My thirty days of CC went something like this: I'd wake up at 0500, dress and report to the sergeant, who'd release me to go to my squadron. I worked in my squadron buildings doing janitorial tasks as needed, but also they pulled me off that a lot to do my regular job because they were hurting for people anyway. Then, after work I'd walk back to CC and report to the sergeant who'd have a duty list of cleaning, painting, shoveling, and whatnot that I'd have to do up until right before lights out.
At the end of my CC time I got a blue envelope. Blue envelopes only came from the hospital or medical command. Opening it I found my first appointment slip to see the psychologist. Reading farther, the explanation became clear. If you work around nuclear weapons – and I did – and have a punishable offense that involves violence – again, that's me – then you have a mandatory evaluation and psychological counseling order.
Great. Now I had to see the shrink.
But there was some good news . . . my orders back to the dorm included a room reassignment.
Pete met me at the door, laughing about Connecticut. For his own safety, he'd requested to be assigned to a dorm room in a different squadron's barracks.
Next Connecticut episode: Seeing the Shrink and Lynda calls me.

you see, it IS all who you know and who you blow...
Posted by: mark | Monday, 04 June 2007 at 07:27 AM
Doesn't rehashing all these Conneticut memories make you wanna find the prick and kick his ass?
Posted by: Cherise | Monday, 04 June 2007 at 08:02 AM
is he back in connecticut? cause if he is, i can find him and 'handle' him for ya. the sad truth is he probably handled himself - or am i getting ahead of the story? i am guessing you may know exactly what became of him.
it's a shame when someone is a rat (no offense to rats). there certainly are circumstances where you DO have to 'tell' but this was NOT one of them.
connecticut should have taken his vagina outta his momma's handbag
Posted by: a rose is a rose | Monday, 04 June 2007 at 09:09 AM
Doesn't the Air Force have any competant shrinks?

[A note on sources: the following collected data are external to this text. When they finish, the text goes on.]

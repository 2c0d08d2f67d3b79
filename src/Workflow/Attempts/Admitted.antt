-- ===== src/Workflow/Attempts/Admitted.antt =====
-- What a reservation has checked when it succeeds.
use mathlib.Core.Bool.{false≢true}
use code_fleet.Prelude.{
  ℕ, ◌<◌, ◌≡◌, ◌≢◌, ◌⊎◌, refl, sym, ◌∙◌, inl, inr, Bool, true, false, not, ◌||◌, Option, some, List,
  [], ◌∷◌, All, all, Bool-cases, Text, ◌==◌, ==_iff, any, find?, length, ok, >>=-eq-ok,
  Option-cases, arith,
}
use code_fleet.Alpha.Contract.{Contract}
use code_fleet.Alpha.Store.{is_run, held_by}
use code_fleet.Workflow.{
  parallel_limit, is_hybrid, WorkItem, item_of, ItemState, pending, ready, running, succeeded,
  failed, blocked, considered, is_ready, is_succeeded,
}
use code_fleet.Workflow.Attempts.{
  Run, Row, Attempt, Approval, Db, Guard, active, final_id, approves, row_of, approval,
  within_limit, holds_run, may_start, conflicts, admit, reserve, is_guarded, expected,
  guard_reserve,
}

-- An item that is READY with all of its dependencies SUCCEEDED, or `final` once all items have SUCCEEDED
abbrev pub Startable : Run → Text → Type 0
Startable run item_id =
    ((item_id ≡ final_id) × All (λ n. run.states n.id ≡ succeeded) run.contract.items)
    ⊎ ((item_id ≢ final_id)
        × ((n : WorkItem) × ((item_of run.contract.items item_id ≡ some n)
              × (run.states item_id ≡ ready)
              × All (λ d. run.states d ≡ succeeded) n.dependencies)))

is_succeeded-eq : (s : ItemState) → is_succeeded s ≡ true → s ≡ succeeded
is_succeeded-eq pending h = cc
is_succeeded-eq ready h = cc
is_succeeded-eq running h = cc
is_succeeded-eq succeeded h = refl
is_succeeded-eq failed h = cc
is_succeeded-eq blocked h = cc
is_succeeded-eq considered h = cc

is_ready-eq : (s : ItemState) → is_ready s ≡ true → s ≡ ready
is_ready-eq pending h = cc
is_ready-eq ready h = refl
is_ready-eq running h = cc
is_ready-eq succeeded h = cc
is_ready-eq failed h = cc
is_ready-eq blocked h = cc
is_ready-eq considered h = cc

all-succeeded {ℓ} :
    {A : Type ℓ} (state : A → ItemState) (xs : List A)
    → all (λ x. is_succeeded (state x)) xs ≡ true
    → All (λ x. state x ≡ succeeded) xs
all-succeeded state [] h = tt
all-succeeded state (x ∷ xs) h =
    (is_succeeded-eq (state x) (ground arith), all-succeeded state xs (ground arith))

may_start-Startable :
    (run : Run) (item_id : Text) → may_start run item_id ≡ true → Startable run item_id
unfolding may_start
may_start-Startable run item_id h = elim (Bool-cases (item_id == final_id)) [
  | inl last ↦ inl (
    (==_iff item_id final_id).0 last,
    all-succeeded (λ n. run.states n.id) run.contract.items (ground arith),
  )
  | inr other ↦ elim (Option-cases (item_of run.contract.items item_id)) [
    | inl missing ↦ absurd (ground arith)
    | inr (n, found) ↦ inr (
      λ e. false≢true (sym other ∙ (==_iff item_id final_id).1 e),
      (
        n,
        (
          found,
          is_ready-eq (run.states item_id) (ground arith),
          all-succeeded run.states n.dependencies (ground arith),
        ),
      ),
    )
  ]
]

-- What is active is the run's own, and none of it is `final`.
abbrev pub IsOwn : Run → Attempt → Type 0
IsOwn run a = (a.run_id ≡ run.id) × (a.item_id ≢ final_id)

any-IsOwn :
    (run : Run) (xs : List Attempt)
    → any (λ a. not (a.run_id == run.id) || a.item_id == final_id) xs ≡ false
    → All (IsOwn run) xs
any-IsOwn run [] h = tt
any-IsOwn run (a ∷ xs) h =
    let item : (a.item_id == final_id) ≡ false = ground arith in
    (
      (
        (==_iff a.run_id run.id).0 (ground arith),
        λ e. false≢true (sym item ∙ (==_iff a.item_id final_id).1 e),
      ),
      any-IsOwn run xs (ground arith),
    )

module _ (hash_contract : Contract → Text) (hash_policy : Bool → Text) (guard : Option Guard) where
  -- The approval that authorizes an unprotected run.
  pub record Approved (now : ℕ) (run : Run) (db : Db) : Type 0 where
    pub entry : Approval
    pub found : find? (approves run.id run.revision) db.approvals ≡ some entry
    pub same_digest : entry.digest ≡ run.contract_hash
    pub unexpired : now < entry.expires
    pub same_policy : run.contract.policy_snapshot_ref ≡ hash_policy (is_hybrid run.contract)

  -- What a registered guard has said of a protected run: its check and its reservation both return.
  pub record Guarded (run : Run) (owner item_id : Text) (contract : Contract) : Type 0 where
    pub asked : Guard
    pub registered : guard ≡ some asked
    pub checked : asked.check run ≡ true
    pub reserved : asked.before_reserve run owner item_id contract ≡ true

  -- What holds of the run, the caller, the item and the active attempts.
  pub record Admitted (t₁ t₂ : ℕ) (run : Run) (owner item_id : Text) (contract : Contract) (db : Db)
      : Type 0 where
    pub row : Row
    pub found : db.rows run.id ≡ some row
    pub approved : run.is_protected ≡ false → row.body.is_protected ≡ false → Approved t₁ run db
    pub guarded : is_guarded run db ≡ true → Guarded run owner item_id contract
    pub same_contract : hash_contract (expected run item_id) ≡ hash_contract contract
    pub held : held_by row.owner owner ≡ true
    pub current : t₂ < row.lease_until
    pub not_stopped : is_run row.control ≡ true
    pub same_revision : row.body.revision ≡ run.revision
    pub startable : Startable run item_id
    pub all_own : All (IsOwn run) (active db)
    pub own_only : any (λ a. not (a.run_id == run.id) || a.item_id == final_id) (active db) ≡ false
    pub has_room : length (active db) < parallel_limit run.contract
    pub final_alone : item_id == final_id ≡ true → length (active db) ≡ 0
    pub apart : any (conflicts run item_id) (active db) ≡ false

  approval-Approved :
      (now : ℕ) (run : Run) (db : Db)
      → is_guarded run db ≡ false
      → approval hash_contract hash_policy guard now run db ≡ ok tt
      → Approved now run db
  unfolding approval
  approval-Approved now run db free h =
      elim (Option-cases (find? (approves run.id run.revision) db.approvals)) [
        | inl missing ↦ absurd (ground arith)
        | inr (a, found) ↦ record {
          entry = a;
          found = found;
          same_digest = ground (arith, ==_iff a.digest run.contract_hash);
          unexpired = ground arith;
          same_policy = ground (
            arith,
            ==_iff run.contract.policy_snapshot_ref (hash_policy (is_hybrid run.contract)),
          );
        }
      ]

  guards-Guarded :
      (now : ℕ) (run : Run) (owner item_id : Text) (contract : Contract) (db : Db)
      → is_guarded run db ≡ true
      → approval hash_contract hash_policy guard now run db ≡ ok tt
      → guard_reserve hash_contract hash_policy guard run owner item_id contract db ≡ ok tt
      → Guarded run owner item_id contract
  unfolding approval guard_reserve
  guards-Guarded now run owner item_id contract db protected h k = elim (Option-cases guard) [
    | inl missing ↦ absurd (ground arith)
    | inr (g, found) ↦ record {
      asked = g;
      registered = found;
      checked = ground arith;
      reserved = ground arith;
    }
  ]

  admit-guard_reserve :
      (t₁ t₂ : ℕ) (run : Run) (owner item_id : Text) (contract : Contract) (db : Db)
      → admit hash_contract hash_policy guard t₁ t₂ run owner item_id contract db ≡ ok tt
      → guard_reserve hash_contract hash_policy guard run owner item_id contract db ≡ ok tt
  unfolding admit row_of
  admit-guard_reserve t₁ t₂ run owner item_id contract db h =
      let (_, a, h₁) = >>=-eq-ok (approval hash_contract hash_policy guard t₁ run db) _ h in
      elim (Option-cases (db.rows run.id)) [
        | inl missing ↦ absurd (ground arith)
        | inr (row, found) ↦ ground arith
      ]

  admit-Admitted :
      (t₁ t₂ : ℕ) (run : Run) (owner item_id : Text) (contract : Contract) (db : Db)
      → admit hash_contract hash_policy guard t₁ t₂ run owner item_id contract db ≡ ok tt
      → Admitted t₁ t₂ run owner item_id contract db
  unfolding admit row_of within_limit holds_run
  admit-Admitted t₁ t₂ run owner item_id contract db h =
      let (_, authorized, h₁) =
        >>=-eq-ok (approval hash_contract hash_policy guard t₁ run db) _ h in
      elim (Option-cases (db.rows run.id)) [
        | inl missing ↦ absurd (ground arith)
        | inr (row, found) ↦ record {
          row = row;
          found = found;
          approved =
              λ p q. approval-Approved t₁ run db (unfold is_guarded in ground arith) authorized;
          guarded = λ p.
              guards-Guarded t₁ run owner item_id contract db p authorized
                (admit-guard_reserve t₁ t₂ run owner item_id contract db h);
          same_contract =
              ground
                (arith, ==_iff (hash_contract (expected run item_id)) (hash_contract contract));
          held = ground arith;
          current = ground arith;
          not_stopped = ground arith;
          same_revision = ground arith;
          startable = may_start-Startable run item_id (ground arith);
          all_own = any-IsOwn run (active db) (ground arith);
          own_only = ground arith;
          has_room = ground arith;
          final_alone = λ p. ground arith;
          apart = ground arith;
        }
      ]

  pub reserve-Admitted :
      (t₁ t₂ : ℕ) (run : Run) (owner item_id child_id : Text) (contract : Contract) (db db' : Db)
      → reserve hash_contract hash_policy guard t₁ t₂ run owner item_id child_id contract db
        ≡ ok db'
      → Admitted t₁ t₂ run owner item_id contract db
  unfolding reserve
  reserve-Admitted t₁ t₂ run owner item_id child_id contract db db' h =
      let (_, admitted, _) =
        >>=-eq-ok (admit hash_contract hash_policy guard t₁ t₂ run owner item_id contract db) _ h in
      admit-Admitted t₁ t₂ run owner item_id contract db admitted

Posted by: Success Warrior | Monday, 04 June 2007 at 10:10 AM
I would never have been able to handle the military and follow orders. You handled this much better than I ever could have dreamed. I can do passive-aggressive as well as any good little Mormon, but in Connecticut's case, I wouldn't have stopped with smashing his face. Granted, it's doubtful they (the U.S.) would have allowed me into the armed forces in the first place.
Tangentially, Jon Stewart cracked some joke about gays in the military and why it scared the Jeebus out of the right wing conservatives. A thousand gay men with M-16's sayin' "who'd you call 'faggot'?"
Totally engrossing story, CV Rick.
Posted by: Sideon | Monday, 04 June 2007 at 11:38 AM
Rose, I hope you're not dogging vaginas or momma's handbags. I've got both, but wouldn't want to compare either with a weasel like Connecticut!
Wow, that time in CC sounds like a horrid experience.
Posted by: SML | Monday, 04 June 2007 at 11:38 AM
naw sml, i too have both!
Posted by: a rose is a rose | Tuesday, 05 June 2007 at 02:52 AM
Gotta love the system. Did you ever get to tell your side of the story?
Posted by: Tim Mulcahy | Tuesday, 05 June 2007 at 09:23 AM
Tim, I kind of got to tell my side. But the fact that I hit him and he never defended himself and never hit me made all the difference. It was assault according to the UCMJ, regardless of the circumstances.